Exercise objective —
Look below for the line holding "(asked world : W)" and the line holding "let active = ltb". Transcribe exactly those lines and all lines between them, nothing more.

(Collected data)

----------

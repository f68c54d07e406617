-- ===== src/Election/Coordinator/Backed.antt =====
-- A success of apis/election/coordinator.go rests on a write that the store accepted.
use datakit_operator.Common.{
  ℕ, zero, suc, ◌<◌, ◌≡◌, refl, sym, Option, none, some, Bool, true, false, not, ◌&&◌, ◌||◌, String,
  ◌==◌, ltb, arith, Bool-cases, inl, inr, eq_iff,
}
use mathlib.Core.Path.{subst}
use datakit_operator.Election.Lease.{Lease, max_cas_attempts, holder}
use datakit_operator.Election.Observation.{from_cache, from_store}
use datakit_operator.Election.Metrics.{
  Operation, campaign, heartbeat, informer, success, defeat, is_campaign,
}
use datakit_operator.Election.Cluster.{
  ApiError, other_error, Reply, found, failed, Cluster, is_not_found, is_lost_race,
}
use datakit_operator.Election.Coordinator.Rounds.{
  Reads, present, missing, with_conflict, Reaches, at_first, after_conflict,
}
use datakit_operator.Election.Coordinator.{
  Result, Answer, replied, Coordinator, Request, result, storage_error, is_defeated, look, write,
  Attempt, after_write, proceed, after_get, attempt, attempts, after_cache, cached, elect,
}

not_defeated_campaign :
    (op : Operation) (left : ℕ) (h id : String)
    → op ≡ campaign
    → is_defeated op (ltb 0 left) h id ≡ false
    → left ≡ 0
not_defeated_campaign campaign left h id e d = ground arith
not_defeated_campaign _ left h id e d = cc

not_defeated_heartbeat :
    (op : Operation) (left : ℕ) (h id : String)
    → op ≡ heartbeat
    → is_defeated op (ltb 0 left) h id ≡ false
    → (h ≡ id) × (0 < left)
not_defeated_heartbeat heartbeat left h id e d = ground (arith, eq_iff h id)
not_defeated_heartbeat campaign left h id e d = cc
not_defeated_heartbeat informer left h id e d = cc

module _ {W : Type 0} (env : Cluster W) (q : Request) (c₀ : Coordinator) (w₀ : W) where
  -- The evidence behind a success: in a round of this very request the lease was read from the store,
  -- did not speak against the request, and the write made from it was accepted; the reply shows the
  -- lease that came back.
  pub record IsBacked (r : Result) : Type 0 where
    pub coordinator : Coordinator
    pub asked : W
    pub world : W
    pub after : W
    pub reply : Reply
    pub lease : Option Lease
    pub written : Lease
    pub reached : Reaches env q c₀ w₀ coordinator asked
    pub read : env.get q.name asked ≡ (reply, world)
    pub shows : Reads reply lease
    pub unopposed :
        is_defeated q.operation
          (ltb 0 (look env lease from_store coordinator world).1)
          (holder lease)
          q.id
        ≡ false
    pub accepted :
        write env q lease (look env lease from_store coordinator world).0 world
        ≡ (found written, after)
    pub shown : r ≡ result success q.namespace q.id (some written) true

  -- Every success that an answer reports is backed.
  abbrev Sound : Answer → Type 0
  Sound a = (r : Result) → a ≡ replied r → r.status ≡ success → IsBacked r

  abbrev SoundAttempt : Attempt env → Type 0
  SoundAttempt k = (c : Coordinator) (w : W) → Reaches env q c₀ w₀ c w → Sound (k c w).0

  refused-Sound : (e : ApiError) (c : Coordinator) → Sound (storage_error q.operation e c).0
  unfolding storage_error
  refused-Sound e c r eq st = cc

  defeat-Sound :
      (lease : Option Lease) (active : Bool)
      → Sound (replied (result defeat q.namespace q.id lease active))
  unfolding result
  defeat-Sound lease active r eq st = ground arith

  -- What a write that was accepted shows, and where one that lost its race goes on.
  abbrev Accepts : Reply × W → Type 0
  Accepts out =
      (u : Lease) (w : W)
      → out ≡ (found u, w)
      → IsBacked (result success q.namespace q.id (some u) true)

  abbrev GoesOn : Coordinator → Reply × W → Type 0
  GoesOn c out =
      (e : ApiError) (w : W)
      → out ≡ (failed e, w)
      → is_lost_race e ≡ true
      → Reaches env q c₀ w₀ (with_conflict q c) w

  after_write-Sound :
      (retry : Attempt env)
      → SoundAttempt retry
      → (lease : Option Lease) (c : Coordinator) (out : Reply × W) → Accepts out
      → GoesOn c out
      → Sound (after_write env retry q lease c out).0
  unfolding after_write
  after_write-Sound retry ih lease c (found u, w) backed goes_on r eq st =
      let shown : result success q.namespace q.id (some u) true ≡ r = cc in
      subst IsBacked shown (backed u w refl)
  after_write-Sound retry ih lease c (failed e, w) backed goes_on r eq st =
      elim (Bool-cases (is_lost_race e)) [
        | inl lost ↦ ih (with_conflict q c) w (goes_on e w refl lost) r (rw lost at eq) st
        | inr other ↦ refused-Sound e c r (rw other at eq) st
      ]

  proceed-Sound :
      (next : Option (Attempt env))
      → ((k : Attempt env) → next ≡ some k → SoundAttempt k)
      → (lease : Option Lease) (c : Coordinator) (w : W) → Accepts (write env q lease c w)
      → GoesOn c (write env q lease c w)
      → Sound (proceed env next q lease c w).0
  unfolding proceed
  proceed-Sound none ih lease c w backed goes_on = refused-Sound other_error c
  proceed-Sound (some k) ih lease c w backed goes_on =
      after_write-Sound k (ih k refl) lease c (write env q lease c w) backed goes_on

  after_get-Sound :
      (next : Option (Attempt env))
      → ((k : Attempt env) → next ≡ some k → SoundAttempt k)
      → (reply : Reply) (lease : Option Lease) (c : Coordinator) (asked world : W)
      → Reads reply lease
      → Reaches env q c₀ w₀ c asked
      → env.get q.name asked ≡ (reply, world)
      → Sound (after_get env next q lease c world).0
  unfolding after_get
  after_get-Sound next ih reply lease c asked world shows reached read =
      let active = ltb 0 (look env lease from_store c world).1 in
      elim (Bool-cases (is_defeated q.operation active (holder lease) q.id)) [
        | inl beaten ↦ rw beaten (defeat-Sound lease active)
        | inr unopposed ↦ rw unopposed (
            proceed-Sound next ih lease (look env lease from_store c world).0 world
              (λ u w accepted. record {
                coordinator = c;
                asked = asked;
                world = world;
                after = w;
                reply = reply;
                lease = lease;
                written = u;
                reached = reached;
                read = read;
                shows = shows;
                unopposed = unopposed;
                accepted = accepted;
                shown = refl;
              })
              (λ e w out lost. after_conflict reached reply world w lease e read shows out lost))
      ]

  attempt-Sound :
      (next : Option (Attempt env))
      → ((k : Attempt env) → next ≡ some k → SoundAttempt k)
      → (c : Coordinator) (asked : W) → Reaches env q c₀ w₀ c asked
      → (out : Reply × W) → env.get q.name asked ≡ out
      → Sound (attempt env next q c out).0
  unfolding attempt
  attempt-Sound next ih c asked reached (found l, w) read =
      after_get-Sound next ih (found l) (some l) c asked w (present l) reached read
  attempt-Sound next ih c asked reached (failed e, w) read = elim (Bool-cases (is_not_found e)) [
    | inl gone ↦
        rw gone (after_get-Sound next ih (failed e) none c asked w (missing e gone) reached read)
    | inr other ↦ rw other (refused-Sound e c)
  ]

  attempts-Sound : (left : ℕ) → SoundAttempt (attempts env left q)
  unfolding attempts
  attempts-Sound zero c w reached =
      attempt-Sound none (λ k h. cc) c w reached (env.get q.name w) refl
  attempts-Sound (suc left) c w reached =
      attempt-Sound (some (attempts env left q))
        (λ k h.
          let same : attempts env left q ≡ k = cc in subst SoundAttempt same (attempts-Sound left))
        c w reached (env.get q.name w) refl

  after_cache-Sound :
      (lease : Option Lease)
      → Reads (env.cache_get q.name w₀) lease
      → Sound (after_cache env q lease c₀ w₀).0
  unfolding after_cache
  after_cache-Sound lease cached_as =
      let held =
        ltb 0 (look env lease from_cache c₀ w₀).1
        && (is_campaign q.operation || not (holder lease == q.id)) in
      elim (Bool-cases held) [
        | inl beaten ↦ rw beaten (defeat-Sound lease true)
        | inr free ↦ rw free (
            attempts-Sound max_cas_attempts (look env lease from_cache c₀ w₀).0 w₀
              (at_first lease cached_as))
      ]

  cached-Sound : (out : Reply) → env.cache_get q.name w₀ ≡ out → Sound (cached env q c₀ w₀ out).0
  cached-Sound (found l) e =
      after_cache-Sound (some l) (subst (λ o. Reads o (some l)) (sym e) (present l))
  cached-Sound (failed e) same = elim (Bool-cases (is_not_found e)) [
    | inl gone ↦
        rw gone (after_cache-Sound none (subst (λ o. Reads o none) (sym same) (missing e gone)))
    | inr other ↦ rw other (refused-Sound e c₀)
  ]

  -- An `elect` that reports success has made a write, from a lease that it had just read in the
  -- store and that did not speak against the request, which the store accepted.
  pub elect-IsBacked :
      (r : Result) → (elect env q c₀ w₀).0 ≡ replied r → r.status ≡ success → IsBacked r
  unfolding elect
  elect-IsBacked = elim (Bool-cases (env.cache_ready w₀)) [
    | inl ready ↦ rw ready (cached-Sound (env.cache_get q.name w₀) refl)
    | inr waiting ↦ rw waiting (λ r eq st. cc)
  ]

  -- A campaign that is answered with success has read the store in one of its own rounds, made
  -- a write from the lease that it read, which the store accepted, and replies with what the
  -- store returned. By the observations with which this request came to that round, after its
  -- look at the cache and after its writes that lost their race, the lease that it read was
  -- missing or had no time left on this operator's clock.
  pub campaign-success :
      (r : Result)
      → q.operation ≡ campaign
      → (elect env q c₀ w₀).0 ≡ replied r
      → r.status ≡ success
      → (b : IsBacked r) × ((look env b.lease from_store b.coordinator b.world).1 ≡ 0)
  campaign-success r op eq st =
      let b = elect-IsBacked r eq st in
      (b, not_defeated_campaign q.operation _ (holder b.lease) q.id op b.unopposed)

  -- A heartbeat that is answered with success has read the store in one of its own rounds, made
  -- a write from the lease that it read, which the store accepted, and replies with what the
  -- store returned. The lease that it read had the sender as its holder and, by the
  -- observations with which this request came to that round, after its look at the cache and
  -- after its writes that lost their race, time left on this operator's clock.
  pub heartbeat-success :
      (r : Result)
      → q.operation ≡ heartbeat
      → (elect env q c₀ w₀).0 ≡ replied r
      → r.status ≡ success
      → (b : IsBacked r) × (holder b.lease ≡ q.id)
        × (0 < (look env b.lease from_store b.coordinator b.world).1)
  heartbeat-success r op eq st =
      let b = elect-IsBacked r eq st in
      let (same, active) =
        not_defeated_heartbeat q.operation _ (holder b.lease) q.id op b.unopposed in
      (b, same, active)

----------

Answer to this exercise —
      → (reply : Reply) (lease : Option Lease) (c : Coordinator) (asked world : W)
      → Reads reply lease
      → Reaches env q c₀ w₀ c asked
      → env.get q.name asked ≡ (reply, world)
      → Sound (after_get env next q lease c world).0
  unfolding after_get
  after_get-Sound next ih reply lease c asked world shows reached read =
      let active = ltb 0 (look env lease from_store c world).1 in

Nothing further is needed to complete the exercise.